Они говорили мало. О том, что старику лучше, что, вероятно, он скоро сможет выходить; о том, что в Оран лететь не особенно приятно в это время года, что автомобиль поплывет морем. Вообще, насколько Даша понимала, удобства в жизни Моро-младшего играли очень большую роль.
— А на Мадагаскаре вы тоже бывали? — спросила она.
— О да, много раз, — ответил он. — Там ведь у нас тоже дела. И в Иоганесбурге, разве я вам еще не рассказывал? Там тоже очень комфортабельная жизнь и такая интересная природа, всякие птицы редкостные, цветы, породы плодовых деревьев… И у пейзажа совсем другие краски, чем здесь («Еще бы», — подумала она, вглядываясь в декабрьский вечер), и небо другое.
— Созвездия другие?
— Созвездия совершенно другие. Помните, учили когда-то южное полушарие: Аргос, Южный Крест. И звезда Эридан. Как раз на экзамене мне попались однажды. Надо вам сказать, что учился я очень хорошо…
— Эридан? — повторила Даша. — А я думала, что это выдумано.
В эту минуту автомобиль остановился.
— Я всю жизнь мечтал жить в такой улочке, как вам удалось найти здесь квартиру? Совсем особенный уголок Парижа, — сказал он, стараясь разглядеть круглые ворота.
— Мы тут давно.
Она сошла, захлопнула дверцу и кивнула ему, улыбнувшись. Все это сейчас представлялось ей каким-то вопросительным знаком в совершенно обыкновенном сером будничном дне.
Она мечтала, возвращаясь в дом, что у отца опять будет сидеть Фельтман, и она войдет и скажет: как же вы до сих пор нам не сказали, что… Но Фельтмана не было, Тягин под лампой в столовой, взъерошенный, седой, в сильно поношенной куртке с брандебурами, писал кому-то длинное письмо. Любовь Ивановна с мигренью лежала на постели, в темноте спальни. Пришлось идти на кухню, где поспевал обед. Зай не было.
И теперь она лежала без сна, с настойчивостью опять припоминая этот день. Ей все отчетливее представлялось, что какие-то силы начинают играть ею, и она не противится им. Они действуют на нее, а сама она становится все слабее, все безвольнее.
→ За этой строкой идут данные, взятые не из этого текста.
-- ===== src/Paper/Stops.antt =====
-- The exits of src/application/services/paper_engine.py: they come before any decision, and the stop of
-- an open position is a ratchet.
use self_evaluating_trading.Common.{
  ◌≤◌, ◌≡◌, refl, ◌⊎◌, not, if◌then◌else◌, true, false, Option, none, some, arith, Bool-cases, inl,
  inr,
}
use self_evaluating_trading.Floating.{Floating, IsOrdered, IsNum, max, or_zero}
use self_evaluating_trading.Trading.{Action, TradingDecision}
use self_evaluating_trading.Risk.Engine.{evaluate, evaluate_buy}
use self_evaluating_trading.Risk.Stops.{update_trailing}
use self_evaluating_trading.Risk.Trailing.{le-update_trailing}
use self_evaluating_trading.Paper.{
  Engine, Setup, Tick, Outcome, done, raised, ExitReason, PaperPosition, close_position, mark,
}
use self_evaluating_trading.Paper.Handling.{
  on_price, after_exits, decide, carry_out, sell_open, buy_sized, check_position, trailed,
  start_tick, count_rejection, count_hold, verdict_of, is_exit, exit_of, is_late,
}

module _ {F : Type 0} ⦃fl : Floating F⦄ (x : Setup F) where
  -- The stop of a position once it has been raised to a price, with the ATR of the call or zero.
  abbrev pub raised_stop : Tick F → PaperPosition F → F
  raised_stop t pos =
      update_trailing pos.stop_loss (max pos.highest_price t.price) (or_zero t.atr) x.config

  -- The price is at the raised stop or below, or it is at the target or above.
  abbrev pub IsAtExit : Tick F → PaperPosition F → Type 0
  IsAtExit t pos =
      (fl.le t.price (raised_stop t pos) ≡ true)
      ⊎ ((target : F) × (pos.take_profit ≡ some target) × (fl.le target t.price ≡ true))

  -- The stop comes before the target, and a stop above the entry protects a profit.
  abbrev pub exit_reason_at : Tick F → PaperPosition F → ExitReason
  exit_reason_at t pos =
      if not (fl.le t.price (raised_stop t pos))
      then ExitReason.take_profit
      else if fl.lt pos.entry_price (raised_stop t pos)
      then ExitReason.trailing_stop
      else ExitReason.stop_loss

  -- What the outcome of a call is: a sale that was filled for a reason.
  abbrev pub IsExitFor : ExitReason → Outcome F → Type 0
  IsExitFor why (done e) = (e.filled ≡ true) × (e.action ≡ Action.sell) × (e.exit_reason ≡ why)
  IsExitFor why (raised f) = ⊥

  exit_of-at :
      (t : Tick F) (s : Engine F) (pos : PaperPosition F)
      → IsAtExit t pos
      → exit_of t.price (trailed x t.price (start_tick x t s) pos) ≡ exit_reason_at t pos
  unfolding exit_of trailed start_tick
  exit_of-at t s pos (inl h) = ground (arith, h)
  exit_of-at t s pos (inr (target, e, h)) = ground (arith, e, h)

  exits_at : (t : Tick F) (pos : PaperPosition F) → is_exit (exit_reason_at t pos) ≡ true
  exits_at t pos = ground arith

  -- If the call is not late and its price is `<=` the raised stop of the open position or `>=` its target,
  -- the position is closed by a filled sale, whose reason is the trailing stop if the price is `<=` a raised
  -- stop above the entry, the stop loss if it is `<=` another one, and else the target, and what the call
  -- returns and leaves behind is the same for every decision.
  pub on_price_exit :
      (t : Tick F) (s : Engine F) (d : TradingDecision F) {pos : PaperPosition F}
      → is_late s.last_timestamp_ms t.timestamp_ms ≡ false
      → s.position ≡ some pos
      → IsAtExit t pos
      → (on_price x t s ≡ on_price x (record t { decision = d }) s)
        × ((on_price x t s).1.position ≡ none)
        × IsExitFor (exit_reason_at t pos) (on_price x t s).0
  unfolding on_price check_position after_exits start_tick close_position
  on_price_exit t s d {pos} h e at =
      let why = exit_of-at t s pos at in
      let g = exits_at t pos in
      (
        rw (h, e, check_position, why, g),
        rw (h, e, check_position, why, g),
        rw (h, e, check_position, why, g) (refl, refl, refl),
      )

  module _ (laws : IsOrdered F) (single : x.config.max_open_positions ≤ 1) where
    -- The same position, with a stop that is not lower.
    abbrev pub IsRatcheted : PaperPosition F → Option (PaperPosition F) → Type 0
    IsRatcheted a none = Unit
    IsRatcheted a (some b) =
        (b.quantity ≡ a.quantity)
        × (b.entry_price ≡ a.entry_price)
        × (b.entry_ts ≡ a.entry_ts)
        × (b.take_profit ≡ a.take_profit)
        × (fl.le a.stop_loss b.stop_loss ≡ true)

    no_second_buy :
        (t : Tick F) (s : Engine F) (pos : PaperPosition F)
        → s.position ≡ some pos
        → t.decision.action ≡ Action.buy
        → (verdict_of x t s).approved ≡ false
    unfolding verdict_of evaluate evaluate_buy
    no_second_buy t s pos e b = ground arith

    le_refl_num : (a : PaperPosition F) → IsNum a.stop_loss → IsRatcheted a (some a)
    le_refl_num a n = (refl, refl, refl, refl, n)

    decide-IsRatcheted :
        (t : Tick F) (s : Engine F) (pos : PaperPosition F)
        → s.position ≡ some pos
        → IsNum pos.stop_loss
        → IsRatcheted pos (decide x t s).1.position
    unfolding decide carry_out sell_open buy_sized close_position mark count_hold count_rejection
    decide-IsRatcheted t s pos e n = ground (arith, no_second_buy t s pos, le_refl_num pos)

    trailed-IsRatcheted :
        (t : Tick F) (s : Engine F) (pos : PaperPosition F)
        → IsNum pos.stop_loss
        → IsRatcheted pos (some (trailed x t.price s pos))
    unfolding trailed
    trailed-IsRatcheted t s pos n =
        let highest = max pos.highest_price t.price in
        (
          refl,
          refl,
          refl,
          refl,
          le-update_trailing laws x.config pos.stop_loss highest s.last_atr n,
        )

    IsRatcheted-trans :
        (a b : PaperPosition F) (o : Option (PaperPosition F))
        → IsRatcheted a (some b)
        → IsRatcheted b o
        → IsRatcheted a o
    IsRatcheted-trans a b none p q = tt
    IsRatcheted-trans a b (some c) p q =
        ground (arith, laws.le_trans a.stop_loss b.stop_loss c.stop_loss)

    after_exits-IsRatcheted :
        (t : Tick F) (s : Engine F) (pos : PaperPosition F)
        → IsNum pos.stop_loss
        → IsRatcheted pos
            (after_exits x t (check_position x t.price t.timestamp_ms s (some pos))).1.position
    unfolding after_exits check_position
    after_exits-IsRatcheted t s pos n =
        let raised_stop = trailed x t.price s pos in
        let r = trailed-IsRatcheted t s pos n in
        let held = record s { position = some raised_stop } in
        elim (Bool-cases (is_exit (exit_of t.price raised_stop))) [
          | inl gone ↦ rw gone (unfold close_position in tt)
          | inr kept ↦
              rw (kept, after_exits)
                (IsRatcheted-trans pos raised_stop (decide x t held).1.position r (
                  decide-IsRatcheted t held raised_stop refl
                    (laws.num_of_le pos.stop_loss raised_stop.stop_loss r.4).1))
        ]

    -- With at most one position allowed, a call that finds a position open, its stop a number, closes it
    -- or keeps its quantity, entry and target with a stop that is not lower: no call replaces it.
    pub on_price-IsRatcheted :
        (t : Tick F) (s : Engine F) (pos : PaperPosition F)
        → s.position ≡ some pos
        → IsNum pos.stop_loss
        → IsRatcheted pos (on_price x t s).1.position
    unfolding on_price start_tick check_position trailed
    on_price-IsRatcheted t s pos e n =
        elim (Bool-cases (is_late s.last_timestamp_ms t.timestamp_ms)) [
          | inl late ↦ rw (late, e) (le_refl_num pos n)
          | inr in_order ↦ rw (in_order, e) (after_exits-IsRatcheted t (start_tick x t s) pos n)
        ]
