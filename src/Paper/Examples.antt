-- ===== src/Paper/Examples.antt =====
-- A concrete session of the paper engine, on fixed-point numbers.
use self_evaluating_trading.Common.{
  inl, ℕ, ◌≡◌, refl, arith, true, false, none, some, List, [], ◌∷◌,
}
use self_evaluating_trading.Floating.Fixed.{Fixed, fixed_floating, Fixed-IsOrdered}
use self_evaluating_trading.Trading.{
  Action, Intensity, TradingDecision, slippage_rate, fee_of, taker_rate,
}
use self_evaluating_trading.Risk.Config.{RiskConfig, default_config, risk_budget_pct}
use self_evaluating_trading.Risk.Guards.{daily_loss_exceeded, drawdown_exceeded}
use self_evaluating_trading.Risk.Sizing.{max_notional, compute_position_size, drawdown_scale}
use self_evaluating_trading.Risk.Stops.{initial_stop, take_profit, update_trailing}
use self_evaluating_trading.Risk.Engine.{evaluate, evaluate_buy, evaluate_sized, current_drawdown}
use self_evaluating_trading.Portfolio.{Portfolio, new_portfolio, apply_buy, equity_at}
use self_evaluating_trading.Paper.{
  Setup, Engine, Tick, PaperPosition, utc_day_index, new_engine, mark, opening_fill,
  divides_by_zero, booked_position, finish_open, open_position,
}
use self_evaluating_trading.Paper.Handling.{
  on_price, after_exits, check_position, decide, verdict_of, carry_out, buy_sized, start_tick,
}
use self_evaluating_trading.Paper.Clock.{run, Advances, run-Advances}
use self_evaluating_trading.Paper.Emergency.{run-frozen, IsReduced, IsUntouched, OnlySells}
use self_evaluating_trading.Paper.Stops.{
  IsAtExit, IsExitFor, exit_reason_at, on_price_exit, on_price-IsRatcheted, IsRatcheted,
}
use self_evaluating_trading.Paper.Books.{view-run, emitted, replay_fills, IsPlainRun}
use self_evaluating_trading.Accounting.Replica.{view}

abbrev num : ℕ → Fixed
num n = fixed_floating.lit n 0

abbrev cfg : RiskConfig Fixed
cfg = default_config

abbrev setup : Setup Fixed
setup = record {
  config = cfg;
  fees = record { taker_bps = num 10; maker_bps = num 2 };
  slippage = record { bps = num 5 };
  day_key = utc_day_index;
}

abbrev intend : Action → ℕ → TradingDecision Fixed
intend a ts = record {
  timestamp_ms = ts;
  action = a;
  confidence = num 1;
  intensity = Intensity.medium;
  rationale_summary = "";
  fallback_reason = none;
}

abbrev tick : Action → ℕ → ℕ → Tick Fixed
tick a price ts = record {
  decision = intend a ts;
  price = num price;
  atr = some (num 2);
  timestamp_ms = ts;
}

-- A purchase, a price that holds, a late tick, and a price that hits the stop.
abbrev session : List (Tick Fixed)
session =
    tick Action.buy 100 1000
    ∷ tick Action.hold 101 2000
    ∷ tick Action.sell 102 1500
    ∷ tick Action.buy 90 3000
    ∷ []

abbrev fresh : Engine Fixed
fresh = new_engine cfg

abbrev lot : PaperPosition Fixed
lot = record {
  quantity = num 1;
  entry_price = num 100;
  stop_loss = num 96;
  take_profit = some (num 108);
  highest_price = num 100;
  entry_ts = 1000;
}

abbrev account : Portfolio Fixed
account = record {
  initial_cash = num 1000;
  cash = num 900;
  position = num 1;
  avg_entry = some (num 100);
  entry_ts = some 1000;
  realized_pnl = num 0;
  total_fees = num 0;
  total_slippage = num 0;
  entry_fees = num 0;
  entry_slippage = num 0;
  trades = [];
}

abbrev held : Engine Fixed
held = record {
  portfolio = account;
  kill_switch = record { active = false; reason = ""; activated_at_ms = 0 };
  position = some lot;
  realized_pnl_today = num 3;
  day = some 0;
  last_timestamp_ms = some 1000;
  peak_equity = num 1000;
  last_price = some (num 100);
  last_atr = num 2;
  orders_rejected = 0;
  daily_loss_triggered = 0;
  daily_loss_active_cycles = 0;
}

abbrev stopped : Engine Fixed
stopped = record held {
  kill_switch = record { active = true; reason = "manual"; activated_at_ms = 900 };
}

run-Advances_example : Advances held (run setup session held)
run-Advances_example = run-Advances setup session held

run-frozen_example :
    IsReduced stopped.position (run setup session stopped).position
    × IsUntouched stopped.position stopped.portfolio (run setup session stopped).portfolio
    × OnlySells (on_price setup (tick Action.buy 95 4000) (run setup session stopped)).0
run-frozen_example = run-frozen setup session (tick Action.buy 95 4000) stopped refl

abbrev crash : Tick Fixed
crash = tick Action.buy 90 2000

crash_exits : IsAtExit setup crash lot
unfolding update_trailing
crash_exits = inl refl

on_price_exit_example :
    (on_price setup crash held
      ≡ on_price setup (record crash { decision = intend Action.hold 7 }) held)
    × ((on_price setup crash held).1.position ≡ none)
    × IsExitFor setup (exit_reason_at setup crash lot) (on_price setup crash held).0
on_price_exit_example = on_price_exit setup crash held (intend Action.hold 7) refl refl crash_exits

on_price-IsRatcheted_example :
    IsRatcheted setup Fixed-IsOrdered
      (omega arith)
      lot
      (on_price setup (tick Action.buy 104 2000) held).1.position
on_price-IsRatcheted_example =
    on_price-IsRatcheted setup Fixed-IsOrdered (omega arith) (tick Action.buy 104 2000) held lot
      refl refl

abbrev trades : List (Tick Fixed)
trades = tick Action.buy 100 1000 ∷ tick Action.sell 103 2000 ∷ []

trades_plain : IsPlainRun setup trades fresh
unfolding new_engine new_portfolio on_price after_exits check_position decide verdict_of evaluate
    evaluate_buy evaluate_sized compute_position_size drawdown_scale max_notional current_drawdown
    daily_loss_exceeded drawdown_exceeded risk_budget_pct initial_stop take_profit carry_out
    buy_sized open_position opening_fill divides_by_zero booked_position finish_open apply_buy mark
    equity_at start_tick fee_of taker_rate slippage_rate
trades_plain = (refl, (refl, tt))

view-run_example :
    view (run setup trades fresh).portfolio
    ≡ replay_fills setup (emitted setup trades fresh) (view fresh.portfolio)
view-run_example = view-run setup trades fresh trades_plain
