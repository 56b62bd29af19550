-- ===== src/Portfolio/Examples.antt =====
-- A concrete round trip of the account, on fixed-point numbers.
use self_evaluating_trading.Common.{ℕ, List, [], ◌∷◌}
use self_evaluating_trading.Floating.Fixed.{Fixed, fixed_floating, Fixed-IsOrdered}
use self_evaluating_trading.Trading.{Fill, FeeModel, SlippageModel, fill_buy, fill_sell}
use self_evaluating_trading.Portfolio.{new_portfolio}
use self_evaluating_trading.Portfolio.Ledger.{new_portfolio-IsBooked, IsBooked, apply_fills}

abbrev num : ℕ → Fixed
num n = fixed_floating.lit n 0

abbrev fees : FeeModel Fixed
fees = record { taker_bps = num 10; maker_bps = num 2 }

abbrev slippage : SlippageModel Fixed
slippage = record { bps = num 5 }

-- Two purchases, a sale of a part, and one of more than is left.
abbrev round_trip : List (Fill Fixed)
round_trip =
    fill_buy fees slippage 1 (num 100) (num 2)
    ∷ fill_buy fees slippage 2 (num 110) (num 1)
    ∷ fill_sell fees slippage 3 (num 120) (num 1)
    ∷ fill_sell fees slippage 4 (num 130) (num 5)
    ∷ []

new_portfolio-IsBooked_example : IsBooked (apply_fills round_trip (new_portfolio (num 1000)))
new_portfolio-IsBooked_example = new_portfolio-IsBooked Fixed-IsOrdered (num 1000) round_trip
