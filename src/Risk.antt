-- ===== src/Risk.antt =====
-- The risk domain: src/domain/risk/config.py, guards.py, sizing.py, stops.py and engine.py, a child
-- module each, with the proofs about them in the children named for what they prove.
pub mod Config
pub mod Guards
pub mod Sizing
pub mod Stops
pub mod Engine
pub mod Approval
pub mod Emergency
pub mod Trailing
mod Examples
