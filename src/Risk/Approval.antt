-- ===== src/Risk/Approval.antt =====
-- What an approval of `RiskEngine.evaluate` (src/domain/risk/engine.py) guarantees.
use self_evaluating_trading.Common.{
  ◌≡◌, Bool, true, false, not, ◌&&◌, ◌||◌, Option, none, some, arith, ltb, ◌==◌, subst,
}
use self_evaluating_trading.Floating.{Floating, or_zero, IsOrdered, IsNum}
use self_evaluating_trading.Trading.{Action, Intensity, is_buy, is_hold}
use self_evaluating_trading.Risk.Config.{RiskConfig}
use self_evaluating_trading.Risk.Guards.{daily_loss_exceeded, drawdown_exceeded}
use self_evaluating_trading.Risk.Sizing.{PositionSize, max_notional, compute_position_size}
use self_evaluating_trading.Risk.Engine.{
  TradeProposal, PortfolioRiskState, evaluate, evaluate_buy, evaluate_sized, evaluate_unstopped,
  lacks_atr, current_drawdown,
}

module _ {F : Type 0} ⦃fl : Floating F⦄ where
  -- A size is there, and its quantity is not `<= 0`.
  abbrev pub IsSized : Option (PositionSize F) → Type 0
  IsSized none = ⊥
  IsSized (some s) = fl.le s.quantity (fl.lit 0 0) ≡ false

module _ {F : Type 0} ⦃fl : Floating F⦄ (cfg : RiskConfig F) (p : TradeProposal F)
    (st : PortfolioRiskState F) where
  open fl use {lit, le, lt, div}

  -- The two guards that stand before every intention.
  abbrev pub is_open_gate : Bool
  is_open_gate = not st.kill_switch.active && not (drawdown_exceeded st.peak_equity st.equity cfg)

  -- An ATR is there and is not `<= 0`.
  abbrev has_atr : Option F → Bool
  has_atr none = false
  has_atr (some a) = not (le a (lit 0 0))

  has_atr-lacks_atr : (o : Option F) → lacks_atr o ≡ false → has_atr o ≡ true
  has_atr-lacks_atr none h = absurd (ground arith)
  has_atr-lacks_atr (some a) h = ground (arith, h)

  -- The guards that a new exposure must pass besides.
  abbrev pub may_expose : Bool
  may_expose =
      not (daily_loss_exceeded st.realized_pnl_today cfg.capital cfg)
      && ltb st.open_positions cfg.max_open_positions
      && (not cfg.stop_loss_required || has_atr p.atr)

  IsSized-evaluate_buy :
      (evaluate_buy cfg p st).approved ≡ true → IsSized (evaluate_buy cfg p st).size
  unfolding evaluate_buy
  IsSized-evaluate_buy h = ground arith

  -- An approved purchase has passed every guard: the kill switch is off, neither the drawdown nor the
  -- daily loss limit is found reached, fewer positions are open than allowed, if the configuration
  -- requires a stop then an ATR is there that is not `<= 0`, which an ATR that is no number is not
  -- either, and the verdict carries a size whose quantity is not `<= 0`.
  pub approved_buy :
      p.action ≡ Action.buy
      → (evaluate cfg p st).approved ≡ true
      → (is_open_gate ≡ true) × (may_expose ≡ true) × IsSized (evaluate cfg p st).size
  unfolding evaluate
  approved_buy b h =
      (ground arith, ground (arith, has_atr-lacks_atr p.atr), ground (arith, IsSized-evaluate_buy))

  -- A decision to hold, or to sell an open position, is approved exactly when the kill switch is off
  -- and the drawdown limit is not reached: the daily loss limit never holds back a reduction.
  pub approved_reduction :
      (is_buy p.action ≡ false)
      → ((evaluate cfg p st).approved
          ≡ (is_open_gate && (is_hold p.action || not (st.open_positions == 0))))
  unfolding evaluate
  approved_reduction b = ground arith

  -- A verdict for a purchase never carries a notional above the largest allowed, when both are
  -- numbers.
  abbrev IsWithin : Option (PositionSize F) → Type 0
  IsWithin none = Unit
  IsWithin (some s) = IsNum s.notional → le s.notional (max_notional cfg) ≡ true

  module _ (laws : IsOrdered F) (top_num : IsNum (max_notional cfg)) where
    open laws use {le_of_not_lt, lit_le}

    compute_position_size-le :
        (i : Intensity) (atr price drawdown : F)
        → let s = compute_position_size i atr price drawdown cfg in
          le s.quantity (lit 0 0) ≡ false
          → IsNum s.notional
          → le s.notional (max_notional cfg) ≡ true
    unfolding compute_position_size
    compute_position_size-le i atr price drawdown z n = ground (
      arith,
      lit_le 0 0 0,
      le_of_not_lt (max_notional cfg) (compute_position_size i atr price drawdown cfg).notional,
      n,
      z,
    )

    IsWithin-evaluate_sized : IsWithin (evaluate_sized cfg p st).size
    unfolding evaluate_sized
    IsWithin-evaluate_sized =
        let atr = or_zero p.atr in
        let drawdown = current_drawdown st.peak_equity st.equity in
        ground (arith, compute_position_size-le p.intensity atr p.price drawdown)

    IsWithin-evaluate : IsWithin (evaluate cfg p st).size
    unfolding evaluate evaluate_unstopped
    IsWithin-evaluate = ground (arith, IsWithin-evaluate_sized)

    -- If the largest notional that the configuration allows is a number, no verdict carries a size whose
    -- notional is a number above it.
    pub evaluate-le :
        {s : PositionSize F}
        → (evaluate cfg p st).size ≡ some s
        → IsNum s.notional
        → le s.notional (max_notional cfg) ≡ true
    evaluate-le e n = (subst IsWithin e IsWithin-evaluate) n
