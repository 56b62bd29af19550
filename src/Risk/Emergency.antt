-- ===== src/Risk/Emergency.antt =====
-- The kill switch over any sequence of requests, and its serialised form (src/domain/risk/guards.py).
use self_evaluating_trading.Common.{
  ℕ, ◌≡◌, refl, Bool, true, false, not, ◌&&◌, Option, none, some, List, [], ◌∷◌, String, str_eq,
  arith, All,
}
use self_evaluating_trading.Risk.Guards.{
  KillSwitchState, Requester, human, llm, activate, reset, allows_trading, to_dict, from_dict,
  is_human,
}

-- The methods of `KillSwitch` that write its state.
pub data Request : Type 0 where
  activation : String → ℕ → Request
  resetting : Requester → String → Request

-- A refused reset raises and leaves the state as it is.
abbrev or_keep : KillSwitchState → Option KillSwitchState → KillSwitchState
or_keep s none = s
or_keep s (some t) = t

unfoldable pub request : Request → KillSwitchState → KillSwitchState
request (Request.activation why ts) s = activate why ts s
request (Request.resetting by approval_id) s = or_keep s (reset by approval_id s)

unfoldable pub requests : List Request → KillSwitchState → KillSwitchState
unfolding request
requests [] s = s
requests (r ∷ rs) s = requests rs (request r s)

-- The request is a reset by a human with an approval's id.
abbrev pub is_approved : Request → Bool
is_approved (Request.activation why ts) = false
is_approved (Request.resetting by approval_id) = is_human by && not (str_eq approval_id "")

request_keeps :
    (r : Request) (s : KillSwitchState) → is_approved r ≡ false → s.active ≡ true → request r s ≡ s
unfolding request activate reset
request_keeps (Request.activation why ts) s h a = ground arith
request_keeps (Request.resetting human approval_id) s h a = ground arith
request_keeps (Request.resetting llm approval_id) s h a = refl

-- Once the kill switch is active, no sequence of requests without a reset by a human with a non-empty
-- approval id changes it: it blocks trading, and keeps its first reason and time.
pub requests_keep :
    (rs : List Request) (s : KillSwitchState)
    → All (λ r. is_approved r ≡ false) rs
    → s.active ≡ true
    → (requests rs s ≡ s) × (allows_trading (requests rs s) ≡ false)
unfolding requests allows_trading
requests_keep [] s h a = (refl, ground arith)
requests_keep (r ∷ rs) s (h, hs) a =
    ground (arith, request_keeps r s h a, requests_keep rs (request r s) hs)

-- The state read back from its serialised form is the state that was written.
pub from_dict-to_dict : (s : KillSwitchState) → from_dict (to_dict s) ≡ s
unfolding from_dict to_dict
from_dict-to_dict s = refl
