-- ===== src/Risk/Examples.antt =====
-- Concrete runs of the risk engine, on fixed-point numbers.
use self_evaluating_trading.Common.{ℕ, ◌≡◌, refl, true, false, some, List, [], ◌∷◌}
use self_evaluating_trading.Floating.{IsNum}
use self_evaluating_trading.Floating.Fixed.{Fixed, fixed_floating, Fixed-IsOrdered}
use self_evaluating_trading.Trading.{Action, Intensity}
use self_evaluating_trading.Risk.Config.{RiskConfig, default_config, risk_budget_pct}
use self_evaluating_trading.Risk.Guards.{
  KillSwitchState, initial_state, allows_trading, Requester, daily_loss_exceeded, drawdown_exceeded,
}
use self_evaluating_trading.Risk.Sizing.{
  PositionSize, max_notional, compute_position_size, drawdown_scale,
}
use self_evaluating_trading.Risk.Engine.{
  TradeProposal, PortfolioRiskState, evaluate, evaluate_buy, evaluate_sized, current_drawdown,
}
use self_evaluating_trading.Risk.Approval.{
  approved_buy, evaluate-le, is_open_gate, may_expose, IsSized,
}
use self_evaluating_trading.Risk.Emergency.{requests_keep, Request, requests}

abbrev num : ℕ → Fixed
num n = fixed_floating.lit n 0

abbrev cfg : RiskConfig Fixed
cfg = default_config

abbrev purchase : TradeProposal Fixed
purchase = record {
  action = Action.buy;
  intensity = Intensity.medium;
  price = num 100;
  atr = some (num 2);
  timestamp_ms = 1000;
}

abbrev sale : TradeProposal Fixed
sale = record purchase { action = Action.sell }

abbrev calm : PortfolioRiskState Fixed
calm = record {
  open_positions = 0;
  realized_pnl_today = num 0;
  peak_equity = cfg.capital;
  equity = cfg.capital;
  kill_switch = initial_state;
}

abbrev holding : PortfolioRiskState Fixed
holding = record calm { open_positions = 1 }

-- A purchase is approved with 2 % of the capital, the cap of the allocation.
purchase_approved : (evaluate cfg purchase calm).approved ≡ true
unfolding evaluate evaluate_buy evaluate_sized compute_position_size drawdown_scale max_notional
    current_drawdown daily_loss_exceeded drawdown_exceeded risk_budget_pct
purchase_approved = refl

approved_buy_example :
    (is_open_gate cfg purchase calm ≡ true)
    × (may_expose cfg purchase calm ≡ true)
    × IsSized (evaluate cfg purchase calm).size
approved_buy_example = approved_buy cfg purchase calm refl purchase_approved

abbrev granted : PositionSize Fixed
granted = compute_position_size Intensity.medium (num 2) (num 100) (num 0) cfg

granted_eq : (evaluate cfg purchase calm).size ≡ some granted
unfolding evaluate evaluate_buy evaluate_sized compute_position_size drawdown_scale max_notional
    current_drawdown daily_loss_exceeded drawdown_exceeded risk_budget_pct
granted_eq = refl

granted-IsNum : IsNum granted.notional
unfolding compute_position_size drawdown_scale max_notional risk_budget_pct
granted-IsNum = refl

top-IsNum : IsNum (max_notional cfg)
unfolding max_notional
top-IsNum = refl

evaluate-le_example : fixed_floating.le granted.notional (max_notional cfg) ≡ true
evaluate-le_example =
    evaluate-le cfg purchase calm Fixed-IsOrdered top-IsNum granted_eq granted-IsNum

-- The switch stays through a second activation, a reset by the model and one without an approval.
abbrev attempts : List Request
attempts =
    Request.activation "again" 7
    ∷ Request.resetting Requester.llm "a-1"
    ∷ Request.resetting Requester.human ""
    ∷ []

abbrev tripped : KillSwitchState
tripped = record { active = true; reason = "api errors"; activated_at_ms = 5 }

requests_keep_example :
    (requests attempts tripped ≡ tripped) × (allows_trading (requests attempts tripped) ≡ false)
requests_keep_example = requests_keep attempts tripped (refl, (refl, (refl, tt))) refl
Да и стоит ли столько слушать себя и верить себе? Не проще ли, не лучше ли предаться течению жизни? Надо иметь мужество и сознаться себе самой: с начала жизни многое представлялось ей глубокой и важной загадкой, которую следовало разгадать, что-то колдовское мерещилось ей в судьбах людей и, конечно, в ее собственной. Все это оказалось ложью, обманом, вымыслом. Или, может быть, она просто не сумела разгадать всего того, что было загадано? Не хватило мудрости, безумия… чего еще? Цельности, быть может; она не была вполне человеком, чего-то не хватало ей.
«Несу это свое равновесие, как горб, — подумала она. — Да, в нем есть громадная радость, и красота, но есть неподвижность какая-то, неизменяемость, и я не знаю, что с ним делать, куда и к кому с ним идти? И зачем оно мне?»
Но это продолжалось всего несколько минут, и вопросы эти показались ей превосходящими ее разумение, какими-то искусственными, болезненными. «Ни больших радостей, ни больших страданий. Неспособна, — сказала она себе. — Как весы, на которых взвешивают тот именно груз, для которого они сделаны. Как весы. Не слишком вниз, не слишком вверх. И внутри меня — покой. Звезда Эридан, за которой никуда не нужно плыть, которую не нужно нигде искать…»
Город на следующее утро показался Даше праздником, полным веселой суеты: был канун Нового года. В окнах магазинов сияли елки, иногда обсыпанные блестящим нетающим снегом, увешанные игрушками. «Целый лес в окнах; Париж — этот лес, как я когда-то шутя говорила Ледду, — подумала она, идя по улице, — где-то он сейчас? И зачем была наша встреча?»
Мысли ее от Ледда перешли на Соню. Это ей она недавно желала смерти. Теперь ей было все равно. Да, ей была безразлична сейчас вся она, с ее громким голосом и резким, хоть и красивым, лицом, с ее точеными руками и быстрыми движениями, короткими вьющимися волосами и такой тонкой талией, что казалось, она может переломиться.